[Saved data entries]
.....

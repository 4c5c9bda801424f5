-- ===== src/Processing/UnknownTx.antt =====
-- indexer-lib/src/database/processing/unknown_transactions.rs
use local_rusty_indexer_poc.Prelude.{
  Bool, Option, none, some, List, map, length, is_empty, ◌==◌, if◌then◌else◌, Result, ok, err,
  ◌>>=◌, invalid_key_length,
}
use local_rusty_indexer_poc.Bytes.{Bytes}
use local_rusty_indexer_poc.Store.{Fjall, Entry}
use local_rusty_indexer_poc.Keys.Layout.{join}
use local_rusty_indexer_poc.Processing.TxIds
use local_rusty_indexer_poc.Processing.TxIds.{view, as_tx_ids}
use local_rusty_indexer_poc.Processing.Skip.{is_some}

pub data UnknownTxUpdateAction : Type 0 where
  update : List Bytes → UnknownTxUpdateAction
  delete do_nothing : UnknownTxUpdateAction

-- the new value that an action asks for; an empty update removes the entry
unfoldable pub act : Bytes → UnknownTxUpdateAction → Option Bytes
act old (update updated_tx_ids) =
    if is_empty updated_tx_ids then none else some (join updated_tx_ids)
act old delete = none
act old do_nothing = some old

-- the closure of `update_by_accepting_block_hash`
unfoldable pub updated : (List Bytes → UnknownTxUpdateAction) → Option Bytes → Option Bytes
unfolding act
updated update_fn none = none
updated update_fn (some value) = act value (update_fn (as_tx_ids value))

-- the closure of `get_all_unknown`
unfoldable pub decode_unknown : Entry → Result (Bytes × Bytes)
decode_unknown (key, value) =
    if length key == 32 then (do ids ← TxIds.new value; ok (key, ids)) else err invalid_key_length

module _ (db : Fjall) where
  open db use {Tree, get, insert, iter, fetch_update}

  unfoldable pub insert_wtx : Tree → Bytes → List Bytes → Tree
  insert_wtx t accepting_block_hash tx_ids = insert t accepting_block_hash (join tx_ids)

  unfoldable pub get_by_accepting_block_hash : Tree → Bytes → Result (Option Bytes)
  get_by_accepting_block_hash t accepting_block_hash = view (get t accepting_block_hash)

  unfoldable pub remove_by_accepting_block_hash : Tree → Bytes → Result (Option Bytes × Tree)
  remove_by_accepting_block_hash t accepting_block_hash = do
    let (old, t') = fetch_update t accepting_block_hash (λ _. none)
    ids ← view old
    ok (ids, t')

  -- the view inside the closure and that of the result panic on the same values
  unfoldable pub update_by_accepting_block_hash :
      Tree → Bytes → (List Bytes → UnknownTxUpdateAction) → Result (Option Bytes × Tree)
  unfolding updated
  update_by_accepting_block_hash t accepting_block_hash update_fn = do
    ids ← view (get t accepting_block_hash)
    let (_, t') = fetch_update t accepting_block_hash (updated update_fn)
    ok (ids, t')

  unfoldable pub has_unknown_for_block : Tree → Bytes → Bool
  has_unknown_for_block t accepting_block_hash = is_some (get t accepting_block_hash)

  unfoldable pub get_all_unknown : Tree → List (Result (Bytes × Bytes))
  unfolding decode_unknown
  get_all_unknown t = map decode_unknown (iter t)
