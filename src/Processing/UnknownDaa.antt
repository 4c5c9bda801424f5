-- ===== src/Processing/UnknownDaa.antt =====
-- indexer-lib/src/database/processing/unknown_daa_scores.rs
use local_rusty_indexer_poc.Prelude.{
  ℕ, ◌-◌, ◌/◌, ◌%◌, Bool, true, false, Option, none, some, List, [], ◌∷◌, ◌++◌, map, length,
  is_empty, drop, replicate, leb, ◌==◌, if◌then◌else◌, Result, ok, err, ◌>>=◌, invalid_partition,
  invalid_value_length, invalid_key_length, panicked,
}
use local_rusty_indexer_poc.Bytes.{Bytes}
use local_rusty_indexer_poc.Store.{Fjall, Entry}
use local_rusty_indexer_poc.Keys.{
  HandshakeKeyForResolution, ContextualMessageKeyForResolution, PaymentKeyForResolution,
  handshake_bytes, contextual_bytes, payment_bytes, DaaResolutionLikeKey, handshake_key,
  contextual_message_key, payment_key,
}
use local_rusty_indexer_poc.Keys.Layout.{slice, byte_at, join, chunks}
use local_rusty_indexer_poc.Processing.Skip.{is_some}

-- `DaaResolutionPartitionType`, with its own discriminants
pub data DaaResolutionPartitionType : Type 0 where
  handshake_by_sender contextual_message_by_sender payment_by_sender : DaaResolutionPartitionType

abbrev pub type_u8 : DaaResolutionPartitionType → ℕ
type_u8 handshake_by_sender = 0
type_u8 contextual_message_by_sender = 1
type_u8 payment_by_sender = 2

-- MAX_RESOLUTION_KEY_SIZE: the larger of 108 and 90
abbrev pub max_resolution_key_size : ℕ
max_resolution_key_size = 108

-- `size_of::<PaddedResolutionEntry>()`
abbrev pub entry_size : ℕ
entry_size = 141

pub record PaddedResolutionEntry : Type 0 where
  pub tx_id : Bytes
  pub partition_type : ℕ
  pub resolution_key_data : Bytes

unfoldable pub entry_bytes : PaddedResolutionEntry → Bytes
entry_bytes e = join (e.tx_id ∷ (e.partition_type ∷ []) ∷ e.resolution_key_data ∷ [])

abbrev pub entry_of : Bytes → PaddedResolutionEntry
entry_of b = record {
  tx_id = slice 0 32 b;
  partition_type = byte_at 32 b;
  resolution_key_data = slice 33 108 b;
}

-- the view of a handshake checks its length
unfoldable pub handshake_like : Bytes → Result DaaResolutionLikeKey
handshake_like v = if length v == 108 then ok (handshake_key v) else err panicked

unfoldable pub get_resolution_key : PaddedResolutionEntry → Result DaaResolutionLikeKey
unfolding handshake_like
get_resolution_key e =
    if e.partition_type == type_u8 handshake_by_sender
    then handshake_like (slice 0 108 e.resolution_key_data)
    else if e.partition_type == type_u8 contextual_message_by_sender
    then ok (contextual_message_key (slice 0 90 e.resolution_key_data))
    else if e.partition_type == type_u8 payment_by_sender
    then ok (payment_key (slice 0 108 e.resolution_key_data))
    else err invalid_partition

-- `ResolutionEntries`: one byte of attempts, then the entries. The wrapper is its bytes.
unfoldable pub new_entries : ℕ → Bytes
new_entries attempt_count = attempt_count ∷ []

unfoldable pub with_data : ℕ → Bytes → Bytes
with_data attempt_count bytes = attempt_count ∷ bytes

unfoldable pub entries_attempt_count : Bytes → ℕ
entries_attempt_count bts = byte_at 0 bts

unfoldable pub as_entry_slice : Bytes → Result (List PaddedResolutionEntry)
as_entry_slice bts =
    if is_empty bts
    then err invalid_value_length
    else if length (drop 1 bts) % entry_size == 0
    then ok (map entry_of (chunks entry_size (length (drop 1 bts) / entry_size) (drop 1 bts)))
    else err invalid_value_length

unfoldable pub entries_is_empty : Bytes → Bool
entries_is_empty bts = leb (length bts) 1

unfoldable pub entries_len : Bytes → ℕ
entries_len bts = if leb (length bts) 1 then 0 else (length bts - 1) / entry_size

-- `to_mutable` indexes from 1, which panics on no bytes
unfoldable pub to_mutable : Bytes → Result Bytes
unfolding with_data entries_attempt_count
to_mutable bts =
    if is_empty bts then err panicked else ok (with_data (entries_attempt_count bts) (drop 1 bts))

-- zeros up to the size of the largest key
abbrev pub padded : Bytes → Bytes
padded key = key ++ replicate (max_resolution_key_size - length key) 0

abbrev pub padded_entry : Bytes → DaaResolutionPartitionType → Bytes → PaddedResolutionEntry
padded_entry tx_id p key = record {
  tx_id = tx_id;
  partition_type = type_u8 p;
  resolution_key_data = padded key;
}

unfoldable pub push_handshake : Bytes → Bytes → HandshakeKeyForResolution → Bytes
push_handshake bts tx_id key =
    bts ++ entry_bytes (padded_entry tx_id handshake_by_sender (handshake_bytes key))

unfoldable pub push_contextual_message : Bytes → Bytes → ContextualMessageKeyForResolution → Bytes
push_contextual_message bts tx_id key =
    bts ++ entry_bytes (padded_entry tx_id contextual_message_by_sender (contextual_bytes key))

unfoldable pub push_payment : Bytes → Bytes → PaymentKeyForResolution → Bytes
push_payment bts tx_id key =
    bts ++ entry_bytes (padded_entry tx_id payment_by_sender (payment_bytes key))

-- the bytes after the call; the count that it returns is `entries_attempt_count` of them
unfoldable pub decrement_attempt_count : Bytes → Bytes
decrement_attempt_count [] = []
decrement_attempt_count (count ∷ bts) = (count - 1) ∷ bts

unfoldable pub extend_from_slice : Bytes → List PaddedResolutionEntry → Bytes
extend_from_slice bts entries = bts ++ join (map entry_bytes entries)

-- `ResolutionEntries::from`: the assertion on the length
unfoldable pub entries_from : Bytes → Result Bytes
entries_from value = if (length value - 1) % entry_size == 0 then ok value else err panicked

-- the view of a value that may be absent
unfoldable pub entries_view : Option Bytes → Result (Option Bytes)
unfolding entries_from
entries_view none = ok none
entries_view (some v) = do bts ← entries_from v; ok (some bts)

-- the closure of the decrement on a value that is there; `none` removes the entry
unfoldable pub decremented_entries : Bytes → Result (Option Bytes)
unfolding entries_from entries_attempt_count to_mutable decrement_attempt_count
decremented_entries value = do
  like_vector ← entries_from value
  (if entries_attempt_count like_vector - 1 == 0
      then ok none
      else (do new_v ← to_mutable like_vector; ok (some (decrement_attempt_count new_v))))

-- the closure of the extension: the new attempt count and the new entries come first
unfoldable pub extended_entries : Bytes → Option Bytes → Result Bytes
unfolding entries_from as_entry_slice extend_from_slice
extended_entries extended none = ok extended
extended_entries extended (some value) = do
  old ← entries_from value
  elim (as_entry_slice old) [
    | ok entries ↦ ok (extend_from_slice extended entries)
    | err _ ↦ err panicked
  ]

unfoldable pub decode_block_key : Bytes → Result Bytes
decode_block_key key = if length key == 32 then ok key else err invalid_key_length

module _ (db : Fjall) where
  open db use {Tree, get, insert, iter, fetch_update}

  unfoldable pub insert_wtx : Tree → Bytes → Bytes → Tree
  insert_wtx t accepting_block_hash entry_vector = insert t accepting_block_hash entry_vector

  unfoldable pub get_by_accepting_block_hash : Tree → Bytes → Result (Option Bytes)
  unfolding entries_view
  get_by_accepting_block_hash t accepting_block_hash = entries_view (get t accepting_block_hash)

  unfoldable pub remove_by_accepting_block_hash : Tree → Bytes → Result (Option Bytes × Tree)
  unfolding entries_view
  remove_by_accepting_block_hash t accepting_block_hash = do
    let (old, t') = fetch_update t accepting_block_hash (λ _. none)
    entries ← entries_view old
    ok (entries, t')

  unfoldable pub has_unknown_daa : Tree → Bytes → Bool
  has_unknown_daa t accepting_block_hash = is_some (get t accepting_block_hash)

  unfoldable pub get_all_unknown_accepting_blocks : Tree → List (Result Bytes)
  unfolding decode_block_key
  get_all_unknown_accepting_blocks t = map (λ (e : Entry). decode_block_key e.0) (iter t)

  -- true if the entry was removed
  unfoldable pub decrement_attempt_counts_by_block_hash : Tree → Bytes → Result (Bool × Tree)
  unfolding decremented_entries
  decrement_attempt_counts_by_block_hash t accepting_block_hash =
      elim (get t accepting_block_hash) [
        | none ↦ ok (false, (fetch_update t accepting_block_hash (λ _. none)).1)
        | some value_bytes ↦ do
          value ← decremented_entries value_bytes
          ok (
            elim value [ none ↦ true | some _ ↦ false ],
            (fetch_update t accepting_block_hash (λ _. value)).1,
          )
      ]

  unfoldable pub extend_by_accepting_block_hash : Tree → Bytes → Bytes → Result Tree
  unfolding extended_entries
  extend_by_accepting_block_hash t accepting_block_hash extended = do
    value ← extended_entries extended (get t accepting_block_hash)
    ok (fetch_update t accepting_block_hash (λ _. some value)).1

.....

■ TASK TO COMPLETE ■
Extract exactly and only the lines above from the line containing "then ok (map" through the line containing "push_contextual_message bts tx_id", both end lines included.

■ REPLY ■
    then ok (map entry_of (chunks entry_size (length (drop 1 bts) / entry_size) (drop 1 bts)))
    else err invalid_value_length

unfoldable pub entries_is_empty : Bytes → Bool
entries_is_empty bts = leb (length bts) 1

unfoldable pub entries_len : Bytes → ℕ
entries_len bts = if leb (length bts) 1 then 0 else (length bts - 1) / entry_size

-- `to_mutable` indexes from 1, which panics on no bytes
unfoldable pub to_mutable : Bytes → Result Bytes
unfolding with_data entries_attempt_count
to_mutable bts =
    if is_empty bts then err panicked else ok (with_data (entries_attempt_count bts) (drop 1 bts))

-- zeros up to the size of the largest key
abbrev pub padded : Bytes → Bytes
padded key = key ++ replicate (max_resolution_key_size - length key) 0

abbrev pub padded_entry : Bytes → DaaResolutionPartitionType → Bytes → PaddedResolutionEntry
padded_entry tx_id p key = record {
  tx_id = tx_id;
  partition_type = type_u8 p;
  resolution_key_data = padded key;
}

unfoldable pub push_handshake : Bytes → Bytes → HandshakeKeyForResolution → Bytes
push_handshake bts tx_id key =
    bts ++ entry_bytes (padded_entry tx_id handshake_by_sender (handshake_bytes key))

unfoldable pub push_contextual_message : Bytes → Bytes → ContextualMessageKeyForResolution → Bytes
push_contextual_message bts tx_id key =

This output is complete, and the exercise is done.